In the above mentioned and not mentioned possible worlds the AI-borne human extinction either does not happen, is not a clear and present danger, or is not even a meaningful concept. Insisting that the one possible world of a narrow conjunctive path to survival has a big chunk of probability among all possible worlds seems rather overconfident to me.
I feel like briefly discussing every point on the object level (even though you don't offer object level discussion: you don't argue why the things you list are possible, just that they could be):
It is not necessary. If the problem is easy we are fucked and should spend time thinking about alignment, if it's hard we are just wasting some time thinking about alignment (it is not a Pascal mugging). This is just safety mindset and the argument works for almost every point to justify alignment research, but I think you are addressing doom rather than the need for alignment.
The short version of RSI is: SI seems to be a cognitive process, so if something is better at cognition it can SI better. Rinse and repeat. The long version.
I personally think that just the step from from neural nets to algorithms (which is what perfectly successful interpretability would imply) might be enough to have dramatic improvement on speed and cost. Enough to be dangerous, probably even starting from GPT-3.
This has been claimed time and time again, people thinking this, just 3 years ago, would have predicted GPT-4 to be impossible without many breakthroughs. ML hasn't hit a wall yet, but maybe soon?

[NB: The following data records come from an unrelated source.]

-- ===== src/Broker/Shares.antt =====
-- What a call under one certificate does to the buckets of the others.
use relops_bootstrap.Prelude.{
  ◌≤◌, ◌≡◌, refl, true, false, Option, none, some, [], ◌∷◌, Text, text_eq, text_eq→eq, text_eq_refl,
  length, ltb, ltb→ge, Bool-cases, inl, inr, if◌then◌else◌,
}
use relops_bootstrap.Broker.Limiter.{
  Float, Bucket, Buckets, Limits, idle_gc_seconds, is_stale, drop_stale, gc, lookup, store, or_full,
  take_tokens, consume,
}

-- Each key stands once.
abbrev pub IsDict : Buckets → Type 0
IsDict [] = Unit {0}
IsDict ((k, b) ∷ bs) = (lookup k bs ≡ none) × IsDict bs

lookup-store_other :
    (key other : Text) (new : Bucket) (bs : Buckets)
    → text_eq other key ≡ false
    → lookup other (store key new bs) ≡ lookup other bs
unfolding lookup store
lookup-store_other key other new [] ne = rw ne refl
lookup-store_other key other new ((k, b) ∷ bs) ne = elim (Bool-cases (text_eq key k)) [
  | inl here ↦
      let apart : text_eq other k ≡ false = rw (← text_eq→eq key k here) ne in rw (here, apart) refl
  | inr there ↦ rw (there, lookup-store_other key other new bs ne) refl
]

lookup-store : (key : Text) (new : Bucket) (bs : Buckets) → lookup key (store key new bs) ≡ some new
unfolding lookup store
lookup-store key new [] = rw (text_eq_refl key) refl
lookup-store key new ((k, b) ∷ bs) = elim (Bool-cases (text_eq key k)) [
  | inl here ↦ rw (here, here) refl
  | inr there ↦ rw (there, there, lookup-store key new bs) refl
]

text_eq_comm-false : (s t : Text) → text_eq s t ≡ false → text_eq t s ≡ false
text_eq_comm-false s t ne = elim (Bool-cases (text_eq t s)) [
  | inl same ↦
      let again : text_eq s t ≡ true = rw (text_eq→eq t s same) (text_eq_refl s) in absurd (cc)
  | inr other ↦ other
]

store-IsDict : (key : Text) (new : Bucket) (bs : Buckets) → IsDict bs → IsDict (store key new bs)
unfolding store lookup
store-IsDict key new [] d = (refl, tt)
store-IsDict key new ((k, b) ∷ bs) (once, d) = elim (Bool-cases (text_eq key k)) [
  | inl here ↦ rw here (once, d)
  | inr there ↦
      let apart = lookup-store_other key k new bs (text_eq_comm-false key k there) in
      rw there (rw apart once, store-IsDict key new bs d)
]

module _ (lim : Limits) (now : Float) where
  -- What is left of a bucket after the stale ones are dropped.
  abbrev survived : Option Bucket → Option Bucket
  survived none = none
  survived (some b) = if is_stale lim now b then none else some b

  lookup-drop_stale :
      (key : Text) (bs : Buckets)
      → IsDict bs
      → lookup key (drop_stale lim now bs) ≡ survived (lookup key bs)
  unfolding lookup drop_stale
  lookup-drop_stale key [] d = refl
  lookup-drop_stale key ((k, b) ∷ bs) (once, d) =
      let rest = lookup-drop_stale key bs d in
      elim (Bool-cases (text_eq key k)) [
        | inl here ↦
            let absent : lookup key bs ≡ none = rw (text_eq→eq key k here) once in
            elim (Bool-cases (is_stale lim now b)) [
              | inl stale ↦ rw (here, stale, rest, absent) refl
              | inr fresh ↦ rw (here, fresh, here) refl
            ]
        | inr there ↦ elim (Bool-cases (is_stale lim now b)) [
          | inl stale ↦ rw (there, stale, rest) refl
          | inr fresh ↦ rw (there, fresh, there, rest) refl
        ]
      ]

  drop_stale-IsDict : (bs : Buckets) → IsDict bs → IsDict (drop_stale lim now bs)
  unfolding drop_stale
  drop_stale-IsDict [] d = tt
  drop_stale-IsDict ((k, b) ∷ bs) (once, d) = elim (Bool-cases (is_stale lim now b)) [
    | inl stale ↦ rw stale (drop_stale-IsDict bs d)
    | inr fresh ↦
        let absent : lookup k (drop_stale lim now bs) ≡ none =
          rw (lookup-drop_stale k bs d, once) refl in
        rw fresh (absent, drop_stale-IsDict bs d)
  ]

  -- A bucket is as it was; or there were 1024 buckets or more, it had been idle for more than 600
  -- seconds, and it is gone.
  pub data IsLeft (before : Buckets) : Option Bucket → Option Bucket → Type 0 where
    untouched : {o : Option Bucket} → IsLeft before o o
    collected :
        {b : Bucket}
        → 1024 ≤ length before
        → lim.floats.less b.last_refill (lim.floats.sub now (lim.floats.of_int 600)) ≡ true
        → IsLeft before (some b) none

  survived-IsLeft :
      (before : Buckets) (o : Option Bucket) → 1024 ≤ length before → IsLeft before o (survived o)
  unfolding is_stale idle_gc_seconds
  survived-IsLeft before none many = untouched
  survived-IsLeft before (some b) many = elim (Bool-cases (is_stale lim now b)) [
    | inl stale ↦ rw stale (collected many stale)
    | inr fresh ↦ rw fresh untouched
  ]

  gc-IsLeft :
      (key : Text) (bs : Buckets)
      → IsDict bs
      → IsLeft bs (lookup key bs) (lookup key (gc lim now bs)) × IsDict (gc lim now bs)
  unfolding gc
  gc-IsLeft key bs d = elim (Bool-cases (ltb (length bs) 1024)) [
    | inl few ↦ rw few (untouched, d)
    | inr many ↦
        rw (many, lookup-drop_stale key bs d)
          (survived-IsLeft bs (lookup key bs) (ltb→ge _ _ many), drop_stale-IsDict bs d)
  ]

-- A call of `consume` under one key, allowed or not, leaves the bucket of every other key as it was, or,
-- where there were 1024 buckets or more and that one had been idle for more than 600 seconds, drops it;
-- and the buckets, each key of which stood once, are such again, with one for the key.
pub consume-IsLeft :
    (lim : Limits) (now tokens : Float) (key other : Text) (bs : Buckets)
    → IsDict bs
    → text_eq other key ≡ false
    → (let after = (consume lim now key tokens bs).1 in
        IsLeft lim now bs (lookup other bs) (lookup other after)
        × IsDict after
        × ((b : Bucket) × (lookup key after ≡ some b)))
unfolding consume
consume-IsLeft lim now tokens key other bs d ne =
    let kept = gc lim now bs in
    let (left, dict) = gc-IsLeft lim now other bs d in
    let new = (take_tokens lim now tokens (or_full lim now (lookup key kept))).1 in
    (
      rw (lookup-store_other key other new kept ne) left,
      store-IsDict key new kept dict,
      (new, lookup-store key new kept),
    )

What are you actually arguing? You seem to imply that humans don't discover new math, physics, chemistry, CS algorithms...? 🤔
AGI (not ASI) are still plenty dangerous because they are in silicon. Compared to bio-humans they don't sleep, don't get tired, have speed advantage, ease of communication between each other, ease of self-modification (sure, maybe not foom-style RSI, but self-mod is on the table), self-replication not constrained by willingness to have kids, a lot of physical space, food, health, random IQ variance, random interest and without needing the slow 20-30 years of growth needed for humans to be productive. GPT-4 might not write genius-level code, but it does write code faster than anyone else.
Why do you need something that goal-seeks beyond what human informally mean?? Have you seen AutoGPT? What happened whit AutoGPT when GPT gets smarter? Why would GPT-6+AutoGPT not be a potentially dangerous goal-seeking agent?
Do you really need to fundamentally understand fire to understand that it burns your house down and you should avoid letting it loose?? If we are wrong about intelligence... what? The superintelligence might not be smart?? Are you again arguing that we might not create a ASI soon?
I feel like the answers is just: "I think that probably some of the vast quantities of money being blindly piled it blindly and helplessly piled into here are going to end up actually accomplishing something"
People, very smart people, are really trying to build superintelligence. Are you really betting against human ingenuity?
I'm sorry if I sounded aggressive in some of this points, but from where I stand this arguments don't seem to be well though out, and I don't want to spend more time on this comment six people will see and two read.